Stored data entries
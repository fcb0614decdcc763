-- ===== src/Ingester/Worker.antt =====
-- ingester/worker.js: one worker's state, the gates and claims of a tick, and the dispatch of a row.
pub mod States
pub mod Sets
pub mod Admission
pub mod Caps
pub mod Tick
pub mod Gated
pub mod Claimed
pub mod Serial
pub mod Rounds
pub mod Runs
mod Tests
use Prim.Native.String
use repo_backend_v.Base.{
  ℕ, zero, suc, ◌+◌, ◌-◌, String, Bool, true, false, not, ◌&&◌, ◌||◌, Option, none, some, List, [],
  ◌∷◌, ◌++◌, map, ltb, leb, if◌then◌else◌, ◌==◌, nat_eq, string_eq, contains, length, take, filter,
  is_some,
}
use repo_backend_v.Ingester.Queue.Store.{
  Row, Db, Result, ok, err, Error, validation, not_found, forbidden, database, object,
}
use repo_backend_v.Ingester.Queue.Update.{update_queue, to_status, Opts, Updated}
use repo_backend_v.Ingester.Queue.Select.{
  by_id, Filters, no_filters, list_queue, count_rows_in_states,
}
use repo_backend_v.Ingester.Queue.Sweep.{reset_orphaned, finalize_pending_completes}
use repo_backend_v.Ingester.Worker.States.{
  stage_of, ready_states, pipeline_mid_states, serial_claim_order, am_inside_states, is_pipeline,
  is_stage6, is_am_active, is_am_entry, is_am_inside, Stage,
}

-- `ingest_worker` and `aip_store.serial` of the configuration; a flag holds what the code derives
-- from it (`=== true`, `!== false`).
pub record Config : Type 0 where
  pub enabled : Bool
  pub concurrency : ℕ
  pub am_parallel : Bool
  pub pipeline_serial : Bool
  pub stage6_serial : Bool

-- The ids with an abort controller, and those dispatched in an Archivematica, a stage 1-5 and a
-- stage 6 state.
pub record Worker : Type 0 where
  pub stopping : Bool
  pub abort_controllers : List ℕ
  pub am_dispatched : List ℕ
  pub pipeline_dispatched : List ℕ
  pub stage6_dispatched : List ℕ

unfoldable pub fresh_worker : Worker
fresh_worker = record {
  stopping = false;
  abort_controllers = [];
  am_dispatched = [];
  pipeline_dispatched = [];
  stage6_dispatched = [];
}

-- What a tick reads before it claims.
pub record Gates : Type 0 where
  pub serial : Bool
  pub mid_db_count : ℕ
  pub pipeline_in_flight : ℕ
  pub inside_db_count : ℕ
  pub am_in_flight : ℕ
  pub stage6_inside_db : ℕ
  pub stage6_in_flight : ℕ

unfoldable pub observe : Config → Worker → Db → Gates
observe cfg w db =
    let serial = not cfg.am_parallel && cfg.pipeline_serial in
    record {
      serial = serial;
      mid_db_count = if serial then count_rows_in_states pipeline_mid_states db else 0;
      pipeline_in_flight = length w.pipeline_dispatched;
      inside_db_count = if cfg.am_parallel then 0 else count_rows_in_states am_inside_states db;
      am_in_flight = length w.am_dispatched;
      stage6_inside_db =
          if cfg.stage6_serial then count_rows_in_states ("AIP_STORE_IN_PROGRESS" ∷ []) db else 0;
      stage6_in_flight = length w.stage6_dispatched;
    }

pub record Claims : Type 0 where
  pub claimed : List Row
  pub pipeline_admitted : ℕ
  pub am_admitted : ℕ
  pub stage6_admitted : ℕ

abbrev pub no_claims : Claims
no_claims = record { claimed = []; pipeline_admitted = 0; am_admitted = 0; stage6_admitted = 0 }

abbrev pub positive : ℕ → Bool
positive n = ltb 0 n

abbrev pub push : String → Row → Claims → Claims
push state row c = record c {
  claimed = c.claimed ++ row ∷ [];
  am_admitted = if is_am_active state then c.am_admitted + 1 else c.am_admitted;
}

module _ (cfg : Config) (g : Gates) where
  -- The `continue`s above the claim of a state.
  unfoldable pub is_gated : String → Claims → Bool
  is_gated state c =
      if cfg.stage6_serial
        && is_stage6 state
        && (positive (g.stage6_in_flight + c.stage6_admitted)
            || (state == "AIP_STORE_PENDING" && positive g.stage6_inside_db))
      then true
      else if g.serial && is_pipeline state
      then positive (g.pipeline_in_flight + c.pipeline_admitted)
        || (state == "PENDING" && positive g.mid_db_count)
      else if not cfg.am_parallel && not g.serial
      then if is_am_entry state
        then positive g.inside_db_count || (positive g.am_in_flight || positive c.am_admitted)
        else is_am_inside state && positive (g.am_in_flight + c.am_admitted)
      else false

  -- The loop over the rows of one state.
  unfoldable pub admit : List ℕ → String → List Row → Claims → Claims
  admit busy state [] c = c
  admit busy state (row ∷ batch) c =
      let skipped = admit busy state batch c in
      let c' = push state row c in
      let more = admit busy state batch c' in
      if contains busy row.id
      then skipped
      else if cfg.stage6_serial && is_stage6 state
      then record c' { stage6_admitted = c.stage6_admitted + 1 }
      else if g.serial && is_pipeline state
      then record c' { pipeline_admitted = c.pipeline_admitted + 1 }
      else if leb cfg.concurrency (length c'.claimed)
      then c'
      else if not cfg.am_parallel && is_am_active state
      then c'
      else more

abbrev pub stage6_backoff_scan : ℕ
stage6_backoff_scan = 50

abbrev pub open_in : String → Filters
open_in state = record no_filters { status = some state; is_complete = some false }

abbrev pub held : List String → Option String → Bool
held uuids none = false
held uuids (some u) = contains uuids u

-- `new Set(uuids)`, in order of first occurrence; a set of one holds null where a row has no uuid.
unfoldable pub distinct : List (Option String) → List (Option String)
distinct [] = []
distinct (none ∷ us) = none ∷ filter is_some (distinct us)
distinct (some u ∷ us) = some u ∷ filter (λ v. not (held (u ∷ []) v)) (distinct us)

abbrev pub claim_order : Gates → List String
claim_order g = if g.serial then serial_claim_order else ready_states

-- `in_backoff` is aip_store_model.list_uuids_in_backoff, which the worker is given; `none` is its
-- failure.
module _ (in_backoff : List (Option String) → Option (List String)) where
  abbrev runnable : Option (List String) → List Row → List Row
  runnable none candidates = candidates
  runnable (some uuids) candidates = filter (λ r. not (held uuids r.sip_uuid)) candidates

  unfoldable pub claim_stage6_pending : ℕ → Db → List Row
  unfolding distinct
  claim_stage6_pending limit db =
      let candidates = list_queue (open_in "AIP_STORE_PENDING") stage6_backoff_scan db in
      take limit (runnable (in_backoff (distinct (map (λ r. r.sip_uuid) candidates))) candidates)

  unfoldable pub batch_for : String → ℕ → Db → List Row
  unfolding claim_stage6_pending
  batch_for state limit db =
      if state == "AIP_STORE_PENDING"
      then claim_stage6_pending limit db
      else list_queue (open_in state) limit db

  module _ (cfg : Config) (g : Gates) (busy : List ℕ) (db : Db) where
    -- One round of the loop over the states.
    unfoldable pub claim_state : String → Claims → Claims
    unfolding is_gated admit
    claim_state state c =
        if is_gated cfg g state c
        then c
        else admit cfg g busy state (batch_for state (cfg.concurrency - length c.claimed) db) c

    unfoldable pub claim_states : List String → Claims → Claims
    claim_states [] c = c
    claim_states (state ∷ order) c =
        let rest = claim_states order (claim_state state c) in
        if leb cfg.concurrency (length c.claimed) then c else rest

  -- The rows that a tick claims by gates read earlier.
  unfoldable pub claim_by : Config → Gates → Worker → Db → List Row
  unfolding claim_states claim_state
  claim_by cfg g w db =
      (claim_states cfg g w.abort_controllers db (claim_order g) no_claims).claimed

abbrev pub add : ℕ → List ℕ → List ℕ
add id ids = if contains ids id then ids else ids ++ id ∷ []

abbrev pub add_if : Bool → ℕ → List ℕ → List ℕ
add_if true id ids = add id ids
add_if false id ids = ids

unfoldable pub remove : ℕ → List ℕ → List ℕ
remove id ids = filter (λ i. not (i == id)) ids

abbrev pub enter : Option Stage → Row → Worker → Worker
enter none row w = w
enter (some stage) row w = record w {
  abort_controllers = add row.id w.abort_controllers;
  am_dispatched = add_if (is_am_active row.pipeline_state) row.id w.am_dispatched;
  pipeline_dispatched = add_if (is_pipeline row.pipeline_state) row.id w.pipeline_dispatched;
  stage6_dispatched = add_if (is_stage6 row.pipeline_state) row.id w.stage6_dispatched;
}

-- `dispatch_one` up to the call of the stage.
unfoldable pub begin_dispatch : Row → Worker → Worker
begin_dispatch row w = enter (stage_of row.pipeline_state) row w

abbrev pub remove_if : Bool → ℕ → List ℕ → List ℕ
remove_if true id ids = remove id ids
remove_if false id ids = ids

-- Its `finally`.
unfoldable pub end_dispatch : Row → Worker → Worker
unfolding remove
end_dispatch row w = record w {
  abort_controllers = remove row.id w.abort_controllers;
  am_dispatched = remove_if (is_am_active row.pipeline_state) row.id w.am_dispatched;
  pipeline_dispatched = remove_if (is_pipeline row.pipeline_state) row.id w.pipeline_dispatched;
  stage6_dispatched = remove_if (is_stage6 row.pipeline_state) row.id w.stage6_dispatched;
}

abbrev pub halt_opts : Row → String → Opts
halt_opts row message = record {
  actor = "worker";
  event_type = "state_change";
  payload = some (
      object (
        ("stage", row.pipeline_state)
        ∷ ("reason", "unhandled_exception")
        ∷ ("error", message)
        ∷ []));
}

-- Its `catch`: the row halts; a write that fails is logged and dropped.
unfoldable pub halt_row : Row → String → Db → Db
halt_row row message db =
    (update_queue (by_id row.id)
      (record (to_status "INGEST_HALTED") {
        error = some (some (String.◌++◌ "worker error: " message));
      })
      (halt_opts row message) db).1

unfoldable pub begin_all : List Row → Worker → Worker
unfolding begin_dispatch
begin_all [] w = w
begin_all (row ∷ rows) w = begin_all rows (begin_dispatch row w)

-- `tick` waits for the database between its reads, so it is taken in parts, between which the rest of
-- the program runs: the gates, each with its size in memory and what its count of the queue saw; one
-- round of the loop over the states; and the dispatch of what was claimed.
pub data Turn : Type 0 where
  opening : (gates : Gates) → Turn
  claiming : (gates : Gates) (order : List String) (claims : Claims) → Turn

-- The guard and the first gate; none where the tick returns at once.
unfoldable pub tick_begin : Config → Db → Worker → Option Turn
tick_begin cfg counted w =
    if w.stopping || not cfg.enabled then none else some (opening (observe cfg w counted))

unfoldable pub read_am_gate : Config → Db → Worker → Gates → Gates
read_am_gate cfg counted w g = record g {
  inside_db_count = (observe cfg w counted).inside_db_count;
  am_in_flight = length w.am_dispatched;
}

unfoldable pub read_stage6_gate : Config → Db → Worker → Gates → Gates
read_stage6_gate cfg counted w g = record g {
  stage6_inside_db = (observe cfg w counted).stage6_inside_db;
  stage6_in_flight = length w.stage6_dispatched;
}

unfoldable pub claim_round :
    (List (Option String) → Option (List String))
    → Config
    → Gates
    → Worker
    → Db
    → String
    → Claims
    → Claims
unfolding claim_state
claim_round in_backoff cfg g w db state c =
    if leb cfg.concurrency (length c.claimed)
    then c
    else claim_state in_backoff cfg g w.abort_controllers db state c

-- `cancel_row`: whether a controller was signalled.
unfoldable pub cancel_row : ℕ → Worker → Bool
cancel_row id w = contains w.abort_controllers id

-- The sweeps of `start`; an error of the first is logged and the second runs.
unfoldable pub boot : Db → Db
boot db = (finalize_pending_completes (reset_orphaned "worker-boot" db).1).1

The problem: Your task is to restate, word for word, only those lines above that fall between the line holding "pub claimed : List Row" and the line holding "pipeline_admitted = c.pipeline_admitted", inclusive.

Solution for this problem:
  pub claimed : List Row
  pub pipeline_admitted : ℕ
  pub am_admitted : ℕ
  pub stage6_admitted : ℕ

abbrev pub no_claims : Claims
no_claims = record { claimed = []; pipeline_admitted = 0; am_admitted = 0; stage6_admitted = 0 }

abbrev pub positive : ℕ → Bool
positive n = ltb 0 n

abbrev pub push : String → Row → Claims → Claims
push state row c = record c {
  claimed = c.claimed ++ row ∷ [];
  am_admitted = if is_am_active state then c.am_admitted + 1 else c.am_admitted;
}

module _ (cfg : Config) (g : Gates) where
  -- The `continue`s above the claim of a state.
  unfoldable pub is_gated : String → Claims → Bool
  is_gated state c =
      if cfg.stage6_serial
        && is_stage6 state
        && (positive (g.stage6_in_flight + c.stage6_admitted)
            || (state == "AIP_STORE_PENDING" && positive g.stage6_inside_db))
      then true
      else if g.serial && is_pipeline state
      then positive (g.pipeline_in_flight + c.pipeline_admitted)
        || (state == "PENDING" && positive g.mid_db_count)
      else if not cfg.am_parallel && not g.serial
      then if is_am_entry state
        then positive g.inside_db_count || (positive g.am_in_flight || positive c.am_admitted)
        else is_am_inside state && positive (g.am_in_flight + c.am_admitted)
      else false

  -- The loop over the rows of one state.
  unfoldable pub admit : List ℕ → String → List Row → Claims → Claims
  admit busy state [] c = c
  admit busy state (row ∷ batch) c =
      let skipped = admit busy state batch c in
      let c' = push state row c in
      let more = admit busy state batch c' in
      if contains busy row.id
      then skipped
      else if cfg.stage6_serial && is_stage6 state
      then record c' { stage6_admitted = c.stage6_admitted + 1 }
      else if g.serial && is_pipeline state
      then record c' { pipeline_admitted = c.pipeline_admitted + 1 }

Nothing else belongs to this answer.